СИЛЬВЕР-СПРИНГ, МЭРИЛЕНД. Поздним вечером после покушения на Джорджа Уоллеса прессе удалось пообщаться только с одним человеком — доктором Джозефом Шанно, сосудистым хирургом, который вынимал пули из сенатора. Он был бледен и имел совершенно стеклянные глаза. Пресса, изнуренная ожиданием врача в шлакоблочном здании спортзала сильверспрингского «Клуба для мальчиков», обезумела от жажды новой информации.
«Является ли он теперь жизнеспособным кандидатом?» — кричал один из репортеров, адресуясь к Шанно, из центра потной, толкающейся людской массы, окружившей стол, за которым сидел хирург.
«Он очень жизнеспособный человек», — ответил Шанно.

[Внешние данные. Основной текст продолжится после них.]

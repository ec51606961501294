-- ===== src/Tests/OptionRuns.antt =====
-- The options of the commands, compared with each other.
use peggo.Base.{
  ◌≡◌, refl, Bool, true, false, not, Bytes, codes, String, List, [], ◌∷◌, ◌++◌, ◌==◌, ◌||◌, ◌&&◌,
  bytes_eq,
}
use peggo.CommandLine.{split}
use peggo.CommandLine.Options.{
  OptValue, string_value, float_value, bool_value, int_value, CliOpt, init_interactive_options,
  init_cosmos_options, init_cosmos_key_options, init_ethereum_key_options, init_statsd_options,
}
use peggo.CommandLine.Options.Orchestrate.{init_config}

abbrev same : String → String → Bool
same a b = bytes_eq (codes a) (codes b)

abbrev same_value : OptValue → OptValue → Bool
same_value (string_value a) (string_value b) = same a b
same_value (float_value a) (float_value b) = same a b
same_value (bool_value true) (bool_value b) = b
same_value (bool_value false) (bool_value b) = not b
same_value (int_value a) (int_value b) = a == b
same_value _ _ = false

abbrev same_opt : CliOpt → CliOpt → Bool
same_opt a b =
    same a.variable b.variable
    && same a.name b.name
    && same a.desc b.desc
    && same a.env_var b.env_var
    && same_value a.value b.value

abbrev has : {A : Type 0} → (A → A → Bool) → A → List A → Bool
has eq x [] = false
has eq x (y ∷ ys) = eq x y || has eq x ys

abbrev all_in : {A : Type 0} → (A → A → Bool) → List A → List A → Bool
all_in eq [] ys = true
all_in eq (x ∷ xs) ys = has eq x ys && all_in eq xs ys

abbrev distinct : List Bytes → Bool
distinct [] = true
distinct (x ∷ xs) = not (has bytes_eq x xs) && distinct xs

abbrev names : List CliOpt → List Bytes
names [] = []
names (x ∷ xs) = split 32 (codes x.name) ++ names xs

abbrev env_vars : List CliOpt → List Bytes
env_vars [] = []
env_vars (x ∷ xs) = codes x.env_var ∷ env_vars xs

-- The options of the keys, which both commands have.
abbrev key_options : List CliOpt
key_options = init_cosmos_options ++ init_cosmos_key_options ++ init_ethereum_key_options

-- The two commands declare them alike.
shared_options : all_in same_opt key_options init_config ≡ true
unfolding bytes_eq
shared_options = refl

-- mow.cli refuses a name that a command declares twice.
orchestrator_names : distinct (names (init_statsd_options ++ init_config)) ≡ true
unfolding bytes_eq
orchestrator_names = refl

register_names : distinct (names (key_options ++ init_interactive_options)) ≡ true
unfolding bytes_eq
register_names = refl

orchestrator_env_vars : distinct (env_vars (init_statsd_options ++ init_config)) ≡ true
unfolding bytes_eq
orchestrator_env_vars = refl
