-- ===== src/Tests/OracleRuns.antt =====
-- Runs of the oracle loop over the blocks 76 to 100.
use peggo.Base.{bytes_eq, refl, arith, [], ◌∷◌}
use peggo.Effect.{for_each}
use peggo.Types.{LastClaimEvent}
use peggo.Network.Recorder.{World}
use peggo.Orchestrator.{Orchestrator}
use peggo.Orchestrator.Recorded.{recorded}
use peggo.Oracle.{
  Oracle, observe_eth_events, observe_blocks, get_eth_events, observe_from_height,
  observe_confirmed, end_block, is_bonded, get_latest_eth_height, get_last_claim_event,
  claim_new_events, send_new_event_claims, send_events, send_eth_event_claim, scan_eth_events,
}
use peggo.Oracle.Events.{old_deposit, valset_update, filter_events, sort_events, nonce}
use peggo.Oracle.Coverage.{Outcome, observe_blocks-covers}
use peggo.Oracle.Order.{Ordered, observe-Ordered}
use peggo.Oracle.Height.{Moves, observe-Moves}
use peggo.Tests.Fixtures.{transfer, update, orchestrator}

-- Injective has the claims up to nonce 4.
abbrev claim : LastClaimEvent
claim = record { ethereum_event_nonce = 4; ethereum_event_height = 80 }

abbrev o : Orchestrator (Unit {0})
o = orchestrator claim

abbrev start : World (Unit {0})
start = record { env = tt; trace = [] }

abbrev at_76 : Oracle
at_76 = record { last_observed_eth_height = 76 }

abbrev at_100 : Oracle
at_100 = record { last_observed_eth_height = 100 }

observe-Ordered_example : Ordered (observe_eth_events (recorded o) at_76 start).1.trace
observe-Ordered_example = observe-Ordered o at_76 start tt

observe-Moves_example : Moves 76 100 (observe_eth_events (recorded o) at_76 start).1.trace
unfolding observe_eth_events observe_blocks get_eth_events observe_from_height observe_confirmed
    end_block is_bonded get_latest_eth_height get_last_claim_event claim_new_events
    send_new_event_claims send_events send_eth_event_claim scan_eth_events filter_events sort_events
    nonce bytes_eq for_each
observe-Moves_example =
    observe-Moves o at_76 at_100 start (observe_eth_events (recorded o) at_76 start).1 (omega arith)
      refl

observe_blocks-covers_example :
    Outcome
      (old_deposit (transfer 6 95) ∷ old_deposit (transfer 4 80) ∷ valset_update (update 5 90) ∷ [])
      100
      at_100
      (observe_blocks (recorded o) at_76 100 start).1.trace
unfolding observe_blocks get_eth_events get_last_claim_event claim_new_events send_new_event_claims
    send_events send_eth_event_claim scan_eth_events filter_events sort_events nonce for_each
observe_blocks-covers_example =
    observe_blocks-covers o at_76 at_100 100 _ start start
      (observe_blocks (recorded o) at_76 100 start).1 refl refl
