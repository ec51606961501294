-- ===== src/Tests/RelayerRuns.antt =====
-- The search of the relayer, over a log with two validator sets, and what it lets through.
use peggo.Base.{ℕ, ◌<◌, ◌≡◌, refl, arith, some, [], ◌∷◌}
use peggo.Effect.{ok}
use peggo.Types.{OutgoingTxBatch, u64}
use peggo.Orchestrator.{Orchestrator}
use peggo.Relayer.{search, windows, should_relay_valset, should_relay_batch}
use peggo.Relayer.Search.{Grows, Found, search-Found}
use peggo.Relayer.Due.{Aged, should_relay_valset-Aged, should_relay_batch-Aged}
use peggo.Tests.Fixtures.{orchestrator, updates, valset}

updates-Grows : Grows updates
updates-Grows = (
  (λ h. omega arith, (λ h. absurd (omega (arith, h)), tt)),
  ((λ h. omega arith, (λ h. omega arith, tt)), tt),
)

-- Three windows before the newest event.
search-Found_example :
    Found
      (orchestrator (record { ethereum_event_nonce = 4; ethereum_event_height = 80 }))
      updates
      (some (valset 5))
      6090
      tt
      (search
        (orchestrator (record { ethereum_event_nonce = 4; ethereum_event_height = 80 }))
        (windows 6090)
        (some (valset 5))
        6090
        tt)
search-Found_example =
    search-Found (orchestrator (record { ethereum_event_nonce = 4; ethereum_event_height = 80 }))
      updates (some (valset 5)) 6090 tt (λ a b s. refl) updates-Grows (omega arith)

abbrev o : Orchestrator (Unit {0})
o = orchestrator (record { ethereum_event_nonce = 4; ethereum_event_height = 80 })

abbrev batch : OutgoingTxBatch
batch = record {
  batch_nonce = 2;
  batch_timeout = 200;
  transactions = [];
  token_contract = 7 ∷ [];
  block = 60;
}

should_relay_valset-Aged_example :
    ((k : ℕ) × (u : Unit {0}) × (o.ethereum.get_valset_nonce tt ≡ (ok k, u)) × (u64 k < 6))
    × Aged o 70 0
unfolding should_relay_valset
should_relay_valset-Aged_example = should_relay_valset-Aged o (valset 6) tt tt refl

should_relay_batch-Aged_example :
    ((k : ℕ) × (u : Unit {0}) × (o.ethereum.get_tx_batch_nonce 7 tt ≡ (ok k, u)) × (u64 k < 2))
    × Aged o 60 0
unfolding should_relay_batch
should_relay_batch-Aged_example = should_relay_batch-Aged o batch tt tt refl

Он был первым, кто принес плохие вести, но многие из нас уже успели подумать об ужасающей возможности того, что у руля страны может снова оказаться демократ в инвалидном кресле. Врач заявил, что Уоллеса могут отправить домой через неделю, а это значит, что в течение месяца он сможет отказаться от постельного режима. Когда он возобновит свою кампанию, к нему будет приковано всеобщее внимание, это событие будет активно освещать пресса. Как сказал вчера вечером один репортер: «Господи, это самый грандиозный прорыв из всех, которые Джордж когда-либо совершал!»

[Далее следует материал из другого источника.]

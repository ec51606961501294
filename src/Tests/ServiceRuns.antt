-- ===== src/Tests/ServiceRuns.antt =====
-- The price service, and a transaction from options.
use peggo.Base.{ℕ, ◌+◌, ◌≡◌, refl, bytes_eq, Bytes, codes, none, some, [], ◌∷◌, take}
use peggo.Effect.{Result, ok, pure}
use peggo.Types.{Address}
use peggo.PriceFeed.{
  Json, Members, number, object, no_members, member, HttpLib, max_resp_bytes, query_usd_price,
  price_of, price_of_entry, usd_of,
}
use peggo.PriceFeed.Reply.{Answers, HasPrice, query_usd_price-HasPrice}
use peggo.EthProvider.{
  RawTx, TransactOpts, RpcLib, transact_fn, gas_limit_of, send_transaction_with_ret,
}
use peggo.EthProvider.Sent.{Follows, Submitted, transact_fn-Submitted}
use peggo.Tests.Fixtures.{fixed_point, geth}

-- The entry of the token 7, with the members of its object.
abbrev reply : Members ℕ → Json ℕ
reply ns = object (member (7 ∷ []) (object ns) no_members)

abbrev service : Members ℕ → HttpLib (Unit {0}) ℕ
service ns = record {
  request_url = λ base path query. ok base;
  get = λ url. pure (pure (1 ∷ []));
  unmarshal = λ body. ok (reply ns);
}

abbrev priced : Members ℕ
priced = member (codes "usd") (number 3) no_members

query_usd_price-HasPrice_example :
    (body : Bytes) × (f : Json ℕ) × Answers fixed_point geth (service priced) none 7 body tt tt
    × ((service priced).unmarshal (take max_resp_bytes body) ≡ ok f)
    × HasPrice (7 ∷ []) 3 f
unfolding query_usd_price price_of price_of_entry usd_of bytes_eq
query_usd_price-HasPrice_example =
    query_usd_price-HasPrice fixed_point geth (service priced) none 7 3 tt tt refl

-- A signed transaction is the transaction.
abbrev rpc : RpcLib ℕ RawTx
rpc = record {
  encode_to_bytes = λ tx. ok (tx.nonce ∷ tx.gas_limit ∷ []);
  hex_encode = λ b. b;
  call = λ method argument s. (ok 99, s + 1);
  pending_nonce_at = λ a. pure 4;
  suggest_gas_price = pure 20;
  pending_code_at = λ a. pure (1 ∷ []);
  estimate_gas = λ a c p v i. pure 21000;
}

abbrev opts : TransactOpts RawTx
opts = record {
  from_address = 3;
  nonce = some 8;
  value = none;
  gas_price = none;
  gas_limit = 50000;
  signer = some (λ a tx. ok tx);
}

abbrev sent_tx : RawTx
sent_tx = record {
  nonce = 8;
  recipient = some 9;
  value = 0;
  gas_limit = 50000;
  gas_price = 20;
  input = 1 ∷ [];
}

transact_fn-Submitted_example :
    (tx : RawTx) × Follows rpc opts (1 ∷ []) tx
    × (signer : Address → RawTx → Result RawTx) × (opts.signer ≡ some signer)
    × (signer 3 tx ≡ ok sent_tx)
    × Submitted rpc sent_tx 99 1
unfolding transact_fn gas_limit_of send_transaction_with_ret
transact_fn-Submitted_example =
    transact_fn-Submitted rpc 9 opts (some 9) (1 ∷ []) 99 sent_tx 0 1 refl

Если Уоллеса парализует, он одновременно станет: (а) в меньшей степени чудовищем и (б) в большей степени сверхчеловеком, единственной целью наемного убийцы за последние десять лет, которой повезло и которая оказалась достаточно сильна, чтобы выжить.
Люди Уоллеса скрывались от прессы внизу, в отделении «пастырского служения» больницы, где коридор украшают гипсовые мадонны и распятия. Джордж Мэнгам — высокий человек, неистовый баптистский проповедник, который разогревает толпы на митингах Уоллеса («И теперь, потому что мы находимся в Милуоки, эти парни постараются исполнить для вас польку») — бродил вокруг бледный, с убийственным выражением на лице. Тощая женщина, сошедшая прямо с картины Уокера Эванса, тихо плакала. Молодой худой блондин, одетый в красный, цвета пожарной машины блейзер кампании с эмблемой «Уоллес-72», вышитой на нагрудном кармане, безудержно рыдал. Он был чем-то вроде помощника пресс-атташе.
Его обнимал и утешал… Я взглянул один раз, потом второй, но это был негр, огромный тип, напоминающий железнодорожного носильщика, лысеющий, с небольшой серой козлиной бородкой, одетый в элегантный синий костюм в тоненькую полоску со значками «Уоллеса в президенты», приколотыми к каждому лацкану. Он утешал мальчика красивым, глубоким басом в духе Поля Робсона.
Я выждал приличествующую случаю паузу, а затем подошел к нему выяснить, какого черта он здесь делает. Оказалось, что это не кто иной, как Норман Джонс, председатель Национального сообщества черных граждан за Уоллеса и, по единодушному мнению прессы, главный придурок всей кампании-72, человек, который может нести такую ересь, что даст 100 очков вперед даже Хьюберту Хамфри.